Sull’europeismo, la sua tesi di fondo è questa: “l’ideologia europeista è articolazione diretta, in Europa, dell’ideologia cosmopolita, che non va confusa nel modo più assoluto con quella internazionalista”. Ora, siccome questa falsa identificazione è parte importante dell’equivoco per cui l’europeismo sarebbe “progressivo” e “di sinistra”, varrà la pena di citare estesamente le affermazioni dell’autore al riguardo:
“L’internazionalismo, come parte del pensiero socialista del XIX e del XX secolo, non prescinde dall’esistenza delle nazioni e dagli Stati e ha un carattere collettivo e di classe. Infatti, si propone di superare le differenze e le rivalità nazionali e statali mediante la costruzione di una solidarietà e di una unità di intenti economici e politici tra classi subalterne e lavoratori salariati appartenenti a nazionalità differenti, nei confronti del capitale. L’internazionalismo tiene conto dell’esistenza delle nazionalità e sostiene il principio dell’autodeterminazione dei popoli, cioè il diritto alla separazione, come strumento di lotta contro l’oppressione dell’imperialismo e dei regimi autoritari e arretrati. Ma inquadra l’intera questione nazionale all’interno della difesa degli interessi generali del lavoro salariato e delle classi subalterne e lotta contro tutto quanto divida e metta in concorrenza i lavoratori, comprese le differenze nazionali.
Il cosmopolitismo, invece, prescinde dalle nazioni e ha un carattere individualistico. L’individuo si sente cittadino del mondo, invece che legato a una determinata comunità territoriale. Sul piano economico, il cosmopolitismo esprime l’aspetto della mobilità, una delle caratteristiche vitali del capitale, che richiede sia l’esistenza dello Stato territoriale, per le garanzie e le regole che questo può offrire, sia una ampia libertà di movimento al di sopra e attraverso i confini statali. Il cosmopolitismo nasce come ideologia nel periodo illuminista ed è fatto proprio dalla massoneria, organizzazione segreta che nasce con una impostazione universalistica, e in genere dalle élite capitalistiche legate a interessi globali e a reti di relazioni sovranazionali, piuttosto che soltanto a specifiche relazioni territoriali... Il carattere cosmopolita risulta accentuato in particolari momenti storici, ad esempio in quello attuale, quando si afferma la tendenza all’internazionalizzazione dei capitali. Le contemporanee élites transnazionali hanno un carattere marcatamente cosmopolita: studiano nelle stesse Università di prestigio mondiale, frequentano gli stessi circoli e gli stessi think tank internazionali (la Commissione Trilaterale, il Gruppo Bilderberg, l’Aspen Institute), hanno residenze nelle maggiori metropoli europee e statunitensi, ma soprattutto si incontrano nei consigli d’amministrazione di imprese e banche transnazionali. Il cosmopolitismo è alimentato da specifici meccanismi d’integrazione delle élites: gli interlocking directorates, che prevedono la partecipazione contemporanea a consigli d’amministrazione di imprese diverse, e il meccanismo delle “porte girevoli”, che si basa sulla alternanza di incarichi in imprese e banche, nell’amministrazione statale, negli organismi sovrastatali, e nelle istituzioni universitarie.”

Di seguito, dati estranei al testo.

-- ===== src/Validator/Frame.antt =====
-- What the handlers of signing and of nonces leave alone: the rollover and the active epoch.
pub mod Messages
use shield_net.Prelude.{
  ℕ, ◌≡◌, refl, Bool, true, false, Option, none, some, List, [], ◌∷◌, arith, Bool-cases,
  Option-cases, inl, inr, get, if◌then◌else◌,
}
use shield_net.Validator.Epoch.{from_raw, raw_value}
use shield_net.Validator.Types.{
  B256, Address, Opaque, Epoch, SigningState, NonceIndex, State, Command, Transition, SignEvent,
  SignRevealedNonces, SignShared, OracleResult, PreprocessEvent, TransactionProposed,
  TransactionAttested,
}
use shield_net.Validator.Nonces.{reserve_chunk, available}
use shield_net.Validator.Preprocess.{
  handle_nonce_tree, handle_preprocess, handle_nonce_topup, topup_epoch,
  handle_group_reconciliation,
}
use shield_net.Validator.Sign.{
  observe_group, sign_request, open_round, handle_sign, reveal_action, handle_nonce_commitments,
  oracle_verdict, handle_oracle_result, on_linked, collect_reveal, handle_sign_revealed_nonces,
  share_action, handle_nonces, collect_share, handle_sign_shared, complete_round,
  handle_sign_completed, unlink_session, handle_sign_attested, propose, handle_transaction_proposed,
  handle_transaction_attested,
}
use shield_net.Validator.Timeouts.{handle_signing_timeouts}

-- The rollover and the active epoch are the same.
abbrev pub SameEpoch : State → State → Type 0
SameEpoch s s' = (s'.rollover ≡ s.rollover) × (s'.active_epoch ≡ s.active_epoch)

module _ (t : Transition) (s : State) where
  pub handle_sign-SameEpoch :
      (block : ℕ) (event : SignEvent) → SameEpoch s (handle_sign t s block event).0
  unfolding handle_sign sign_request open_round
  handle_sign-SameEpoch block event = ground arith

  pub handle_oracle_result-SameEpoch :
      (block : ℕ) (oracle : Address) (event : OracleResult)
      → SameEpoch s (handle_oracle_result t s block oracle event).0
  unfolding handle_oracle_result oracle_verdict
  handle_oracle_result-SameEpoch block oracle event = ground arith

  pub handle_nonce_commitments-SameEpoch :
      (sid message : B256) (nonces : Opaque) (proof : List B256)
      → SameEpoch s (handle_nonce_commitments s sid message nonces proof).0
  unfolding handle_nonce_commitments reveal_action
  handle_nonce_commitments-SameEpoch sid message nonces proof = ground arith

  pub handle_sign_revealed_nonces-SameEpoch :
      (block : ℕ) (event : SignRevealedNonces)
      → SameEpoch s (handle_sign_revealed_nonces t s block event).0
  unfolding handle_sign_revealed_nonces on_linked collect_reveal
  handle_sign_revealed_nonces-SameEpoch block event = ground arith

  pub handle_nonces-SameEpoch :
      (message : B256) (nonces : Opaque) → SameEpoch s (handle_nonces t s message nonces).0
  unfolding handle_nonces share_action
  handle_nonces-SameEpoch message nonces = ground arith

  pub handle_sign_shared-SameEpoch :
      (event : SignShared) → SameEpoch s (handle_sign_shared s event).0
  unfolding handle_sign_shared on_linked collect_share
  handle_sign_shared-SameEpoch event = ground arith

  pub handle_sign_completed-SameEpoch :
      (block : ℕ) (sid : B256) → SameEpoch s (handle_sign_completed t s block sid).0
  unfolding handle_sign_completed on_linked complete_round
  handle_sign_completed-SameEpoch block sid = ground arith

  pub handle_sign_attested-SameEpoch :
      (message : B256) → SameEpoch s (handle_sign_attested s message).0
  unfolding handle_sign_attested
  handle_sign_attested-SameEpoch message = ground arith

  pub handle_transaction_proposed-SameEpoch :
      (block : ℕ) (event : TransactionProposed)
      → SameEpoch s (handle_transaction_proposed t s block event).0
  unfolding handle_transaction_proposed propose
  handle_transaction_proposed-SameEpoch block event = ground arith

  pub handle_signing_timeouts-SameEpoch :
      (block : ℕ) → SameEpoch s (handle_signing_timeouts t s block).0
  unfolding handle_signing_timeouts
  handle_signing_timeouts-SameEpoch block = (refl, refl)

  pub handle_nonce_tree-SameEpoch : (gid c : B256) → SameEpoch s (handle_nonce_tree s gid c).0
  unfolding handle_nonce_tree
  handle_nonce_tree-SameEpoch gid c = ground arith

  pub handle_preprocess-SameEpoch :
      (event : PreprocessEvent) → SameEpoch s (handle_preprocess t s event).0
  unfolding handle_preprocess
  handle_preprocess-SameEpoch event = ground arith

  pub handle_nonce_topup-SameEpoch : SameEpoch s (handle_nonce_topup s).0
  unfolding handle_nonce_topup topup_epoch
  handle_nonce_topup-SameEpoch = ground arith

  pub handle_group_reconciliation-SameEpoch : SameEpoch s (handle_group_reconciliation s).0
  unfolding handle_group_reconciliation
  handle_group_reconciliation-SameEpoch = (refl, refl)

  pub handle_transaction_attested-SameEpoch :
      (event : TransactionAttested) → SameEpoch s (handle_transaction_attested t s event).0
  unfolding handle_transaction_attested
  handle_transaction_attested-SameEpoch event = handle_sign_attested-SameEpoch _
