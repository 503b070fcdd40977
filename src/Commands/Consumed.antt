-- ===== src/Commands/Consumed.antt =====
-- How many arguments the options take.
use secoli_sced.Action.{pure, bind, ◌>>=◌}
use secoli_sced.Base.{
  Bytes, ℕ, ◌+◌, ◌≤◌, ◌≡◌, refl, Bool, true, false, List, [], ◌∷◌, Option, none, some,
  if◌then◌else◌, length, arith,
}
use secoli_sced.Commands.Slurp.{slurp_and_set_options}
use secoli_sced.Options.Table.{option_set}
use secoli_sced.Search.{Glib}
use secoli_sced.World.{World, Host, SessionArg, Do}
use secoli_sced.Xsqlite.{Sqlite}

module _ (S : Sqlite) (G : Glib) where
  -- What an action returns, whatever the world.
  pub record Returns {A : Type 0} (P : A → Type 0) (m : Do S G A) : Type 0 where
    pub at : (w w' : World G S) (a : A) → m w ≡ some (a, w') → P a

  pure-Returns : {A : Type 0} (P : A → Type 0) (a : A) → P a → Returns P (pure a)
  unfolding pure
  pure-Returns P a h = record { at = λ w w' b e. let p : a ≡ b = cc e in rw p at h }

  if-Returns :
      {A : Type 0} (P : A → Type 0) (b : Bool) (m k : Do S G A)
      → Returns P m
      → Returns P k
      → Returns P (if b then m else k)
  if-Returns P true m k p q = p
  if-Returns P false m k p q = q

  bound :
      {A B : Type 0} (P : B → Type 0) (r : Option (A × World G S)) (f : A → Do S G B)
      → ((a : A) (w2 : World G S) → r ≡ some (a, w2) → Returns P (f a))
      → (w' : World G S) (b : B) → bind r f ≡ some (b, w')
      → P b
  bound P none f h w' b e = cc e
  bound P (some (a, w2)) f h w' b e = (h a w2 refl).at w2 w' b e

  bind-Returns :
      {A B : Type 0} (P : B → Type 0) (Q : A → Type 0) (m : Do S G A) (f : A → Do S G B)
      → Returns Q m
      → ((a : A) → Q a → Returns P (f a))
      → Returns P (m >>= f)
  unfolding ◌>>=◌
  bind-Returns P Q m f h k = record {
    at = λ w w' b e. bound P (m w) f (λ a w2 e2. k a (h.at w w2 a e2)) w' b e;
  }

  any-Returns : {A : Type 0} (m : Do S G A) → Returns (λ a. Unit {0}) m
  any-Returns m = record { at = λ w w' a e. tt }

  module _ (H : Host G) where
    slurp-Returns :
        (argv : List Bytes) (s : SessionArg G) (scope : ℕ)
        → Returns (λ n. n ≤ length argv) (slurp_and_set_options S G H argv s scope)
    unfolding slurp_and_set_options
    slurp-Returns [] s scope = pure-Returns _ 0 (omega arith)
    slurp-Returns (cmd ∷ []) s scope = pure-Returns _ 0 (omega arith)
    slurp-Returns (cmd ∷ value ∷ []) s scope =
        bind-Returns _ _ _ _ (any-Returns (option_set S G H cmd value s scope))
          λ status _. pure-Returns _ _ (ground arith)
    slurp-Returns (cmd ∷ value ∷ a ∷ []) s scope =
        bind-Returns _ _ _ _ (any-Returns (option_set S G H cmd value s scope))
          λ status _. pure-Returns _ _ (ground arith)
    slurp-Returns (cmd ∷ value ∷ a ∷ b ∷ argv) s scope =
        bind-Returns _ _ _ _ (any-Returns (option_set S G H cmd value s scope)) λ status _.
          if-Returns _ _ _ _ (pure-Returns _ 0 (omega arith)) (
            if-Returns _ _ _ _
              (bind-Returns _ _ _ _ (slurp-Returns (b ∷ argv) s scope)
                λ used h. pure-Returns _ (used + 3) (omega (arith, h)))
              (pure-Returns _ 2 (omega arith)))

    -- The options take no more arguments than there are, so that what `find_get_handler` looks at
    -- behind them is inside of argv.
    pub slurp_and_set_options-bounded :
        (argv : List Bytes) (s : SessionArg G) (scope n : ℕ) (w w' : World G S)
        → slurp_and_set_options S G H argv s scope w ≡ some (n, w')
        → n ≤ length argv
    slurp_and_set_options-bounded argv s scope n w w' e = (slurp-Returns argv s scope).at w w' n e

Come collocare l’UE e l’Unione monetaria europea in questo contesto? Secondo Moro “l’Unione europea (Ue) e la Unione economica e monetaria (Uem) sono la manifestazione di una fase del capitalismo nella quale l’elemento cosmopolita ha maggiore peso sia rispetto alla fase classica dell’imperialismo territoriale degli anni tra il 1870 e il 1945, sia rispetto alla fase di decolonizzazione e di pre-globalizzazione tra il 1950 e il 1989, anno in cui con la dissoluzione dell’Urss si fa iniziare la cosiddetta globalizzazione, che poi non è altro che l’allargamento a livello mondiale del mercato capitalistico, mediante l’abbattimento o la restrizione delle barriere statali alla libera circolazione di capitale e merci. La Uem, infatti, favorendo e accentuando la fuoriuscita dei meccanismi dell’accumulazione dal perimetro di controllo dello Stato, asseconda lo spostamento del baricentro dell’accumulazione dal livello nazionale al livello sovranazionale.”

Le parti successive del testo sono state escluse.